Departamento de Física, Universidade Federal de Santa Catarina, Florianópolis, Santa Catarina, Brazil.
Skaggs School of Pharmacy and Pharmaceutical Sciences, University of California, San Diego, USA.
Sci Rep. 2021 Jan 13;11(1):1116. doi: 10.1038/s41598-020-80769-1.

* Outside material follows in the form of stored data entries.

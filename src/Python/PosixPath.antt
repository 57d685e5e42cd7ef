-- ===== src/Python/PosixPath.antt =====
-- `pathlib.PurePosixPath`: the last component of a path and its suffix.
use evidencedesk.Prelude.{
  ℕ, Text, ◌≡◌, refl, ◌∙◌, ap, false, Option, none, some, List, [], ◌∷◌, arith, ◌==◌, if◌then◌else◌,
  codes, Bool-cases, inl, inr,
}
use evidencedesk.Python.Strings.{same, contains}

-- The components between the separators, empty ones included: the first and the others.
unfoldable pub split_on : ℕ → Text → Text × List Text
split_on sep [] = ([], [])
split_on sep (c ∷ s) =
    let (w, ws) = split_on sep s in if c == sep then ([], w ∷ ws) else (c ∷ w, ws)

-- Empty components and "." are dropped, so the last of the others is the name.
abbrev pub component : Text → Text
component w = if same w (codes ".") then [] else w

unfoldable pub last_component : List Text → Text
last_component [] = []
last_component (w ∷ ws) = elim (last_component ws) [ [] ↦ component w | c ∷ r ↦ c ∷ r ]

-- `PurePosixPath(path).name`
unfoldable pub name : Text → Text
unfolding split_on last_component same
name path = let (w, ws) = split_on b'/' path in last_component (w ∷ ws)

-- What stands before and after the last dot.
unfoldable pub last_dot : Text → Option (Text × Text)
last_dot [] = none
last_dot (c ∷ s) = elim (last_dot s) [
  | none ↦ if c == b'.' then some ([], s) else none
  | some (before, after) ↦ some (c ∷ before, after)
]

abbrev dotted : Text → Text → Text
dotted (c ∷ before) (d ∷ after) = b'.' ∷ d ∷ after
dotted _ _ = []

-- `PurePosixPath(name).suffix` of a last component (Python 3.12: a dot at either end starts none)
unfoldable pub suffix : Text → Text
unfolding last_dot
suffix n = elim (last_dot n) [ none ↦ [] | some (before, after) ↦ dotted before after ]

abbrev Free : ℕ → List Text → Type 0
Free a [] = Unit
Free a (w ∷ ws) = (contains a w ≡ false) × Free a ws

split_on-Free :
    (sep : ℕ) (s : Text) → let (w, ws) = split_on sep s in (contains sep w ≡ false) × Free sep ws
unfolding split_on contains
split_on-Free sep [] = (refl, tt)
split_on-Free sep (c ∷ s) =
    let (here, rest) = split_on-Free sep s in
    elim (Bool-cases (c == sep)) [
      | inl e ↦ rw e (refl, (here, rest))
      | inr e ↦ rw e (rw e here, rest)
    ]

contains-component : (a : ℕ) (w : Text) → contains a w ≡ false → contains a (component w) ≡ false
unfolding contains
contains-component a w h = elim (Bool-cases (same w (codes "."))) [
  | inl e ↦ rw e refl
  | inr e ↦ rw e h
]

contains-last_component :
    (a : ℕ) (ws : List Text) → Free a ws → contains a (last_component ws) ≡ false
unfolding last_component contains
contains-last_component a [] h = refl
contains-last_component a (w ∷ ws) h = pick (last_component ws) (contains-last_component a ws h.1)
  where
    pick :
        (last : Text)
        → contains a last ≡ false
        → contains a (elim last [ [] ↦ component w | c ∷ r ↦ c ∷ r ]) ≡ false
    pick [] e = contains-component a w h.0
    pick (c ∷ r) e = e

-- A name holds no separator.
pub contains-name : (path : Text) → contains b'/' (name path) ≡ false
unfolding name
contains-name path =
    let (w, ws) = split_on b'/' path in
    contains-last_component b'/' (w ∷ ws) (split_on-Free b'/' path)

-- A character that the path does not hold is not in its parts, nor in its name.
split_on-others :
    (a sep : ℕ) (s : Text)
    → contains a s ≡ false
    → let (w, ws) = split_on sep s in (contains a w ≡ false) × Free a ws
unfolding split_on contains
split_on-others a sep [] h = (refl, tt)
split_on-others a sep (c ∷ s) h =
    let (here, rest) = split_on-others a sep s (ground arith) in
    elim (Bool-cases (c == sep)) [
      | inl e ↦ rw e (refl, (here, rest))
      | inr e ↦ rw e (ground arith, rest)
    ]

pub contains-name_others :
    (a : ℕ) (path : Text) → contains a path ≡ false → contains a (name path) ≡ false
unfolding name
contains-name_others a path h =
    let (w, ws) = split_on b'/' path in
    contains-last_component a (w ∷ ws) (split_on-others a b'/' path h)

split_on-free : (sep : ℕ) (s : Text) → contains sep s ≡ false → split_on sep s ≡ (s, [])
unfolding split_on contains
split_on-free sep [] h = refl
split_on-free sep (c ∷ s) h = ground (arith, split_on-free sep s)

-- A name is never ".".
component-component : (w : Text) → component (component w) ≡ component w
component-component w = elim (Bool-cases (same w (codes "."))) [
  | inl e ↦ rw e (unfold same in refl)
  | inr e ↦ rw e (rw e refl)
]

component-last_component : (ws : List Text) → component (last_component ws) ≡ last_component ws
unfolding last_component
component-last_component [] = unfold same in refl
component-last_component (w ∷ ws) = pick (last_component ws) (component-last_component ws)
  where
    pick :
        (last : Text)
        → component last ≡ last
        → component (elim last [ [] ↦ component w | c ∷ r ↦ c ∷ r ])
          ≡ elim last [ [] ↦ component w | c ∷ r ↦ c ∷ r ]
    pick [] e = component-component w
    pick (c ∷ r) e = e

last_component_one : (w : Text) → last_component (w ∷ []) ≡ component w
unfolding last_component
last_component_one w = refl

-- The name of a name is that name.
pub name-name : (path : Text) → name (name path) ≡ name path
name-name path = name_free (name path) (contains-name path) ∙ component-name path
  where
    name_free : (s : Text) → contains b'/' s ≡ false → name s ≡ component s
    name_free s h =
        unfold name in
        (ap (λ (ws : Text × List Text). last_component (ws.0 ∷ ws.1)) (split_on-free b'/' s h)
          ∙ last_component_one s)

    component-name : (p : Text) → component (name p) ≡ name p
    component-name p =
        unfold name in (let (w, ws) = split_on b'/' p in component-last_component (w ∷ ws))
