-- ===== src/Python/Utf8.antt =====
-- `bytes.decode("utf-8")`: the strict decoder, byte by byte.
use evidencedesk.Prelude.{
  ℕ, zero, suc, ◌+◌, ◌-◌, ◌*◌, ◌≡◌, refl, Text, Bytes, Option, none, some, [], ◌∷◌, ◌&&◌, leb, ltb,
  ◌==◌, if◌then◌else◌,
}

-- How many continuation bytes are still due, the bits read so far, and the range of the next byte.
pub record Pending : Type 0 where
  due : ℕ
  bits : ℕ
  lowest : ℕ
  highest : ℕ

abbrev between : Pending
between = record { due = 0; bits = 0; lowest = 0; highest = 0 }

abbrev pending : ℕ → ℕ → ℕ → ℕ → Option (Option ℕ × Pending)
pending due bits lowest highest =
    some (none, record { due = due; bits = bits; lowest = lowest; highest = highest })

-- A byte that begins a character: what it completes, and what must follow it. Overlong forms,
-- surrogates and what lies past U+10FFFF are shut out by the range of the second byte.
abbrev first_byte : ℕ → Option (Option ℕ × Pending)
first_byte b =
    if ltb b 0x80
    then some (some b, between)
    else if ltb b 0xc2
    then none
    else if ltb b 0xe0
    then pending 1 (b - 0xc0) 0x80 0xbf
    else if b == 0xe0
    then pending 2 0 0xa0 0xbf
    else if b == 0xed
    then pending 2 13 0x80 0x9f
    else if ltb b 0xf0
    then pending 2 (b - 0xe0) 0x80 0xbf
    else if b == 0xf0
    then pending 3 0 0x90 0xbf
    else if ltb b 0xf4
    then pending 3 (b - 0xf0) 0x80 0xbf
    else if b == 0xf4
    then pending 3 4 0x80 0x8f
    else none

abbrev next_byte : ℕ → ℕ → ℕ → ℕ → ℕ → Option (Option ℕ × Pending)
next_byte more bits lowest highest b =
    if leb lowest b && leb b highest
    then (if more == 0
        then some (some (bits * 64 + (b - 0x80)), between)
        else pending more (bits * 64 + (b - 0x80)) 0x80 0xbf)
    else none

abbrev byte_step : ℕ → Pending → ℕ → Option (Option ℕ × Pending)
byte_step zero s b = first_byte b
byte_step (suc more) s b = next_byte more s.bits s.lowest s.highest b

abbrev emit : Option ℕ → Option Text → Option Text
emit _ none = none
emit none (some s) = some s
emit (some c) (some s) = some (c ∷ s)

unfoldable pub decode_from : Pending → Bytes → Option Text
decode_from s [] = if s.due == 0 then some [] else none
decode_from s (b ∷ bs) = elim (byte_step s.due s b) [
  | none ↦ none
  | some (out, s') ↦ emit out (decode_from s' bs)
]

-- `none` is `UnicodeDecodeError`.
unfoldable pub decode : Bytes → Option Text
unfolding decode_from
decode = decode_from between

-- A test: an ASCII letter and a character of three bytes.
euro : decode (0x61 ∷ 0xe2 ∷ 0x82 ∷ 0xac ∷ []) ≡ some (0x61 ∷ 0x20ac ∷ [])
unfolding decode
euro = refl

Absolute binding free energy calculations with explicit solvent molecular simulations can provide estimates of protein-ligand affinities, and thus reduce the time and costs needed to find new drug candidates. However, these calculations can be complex to implement and perform. Here, we introduce the software BAT.py, a Python tool that invokes the AMBER simulation package to automate the calculation of binding free energies for a protein with a series of ligands. The software supports the attach-pull-release (APR) and double decoupling (DD) binding free energy methods, as well as the simultaneous decoupling-recoupling (SDR) method, a variant of double decoupling that avoids numerical artifacts associated with charged ligands. We report encouraging initial test applications of this software both to re-rank docked poses and to estimate overall binding free energies. We also show that it is practical to carry out these calculations cheaply by using graphical processing units in common machines that can be built for this purpose. The combination of automation and low cost positions this procedure to be applied in a relatively high-throughput mode and thus stands to enable new applications in early-stage drug discovery.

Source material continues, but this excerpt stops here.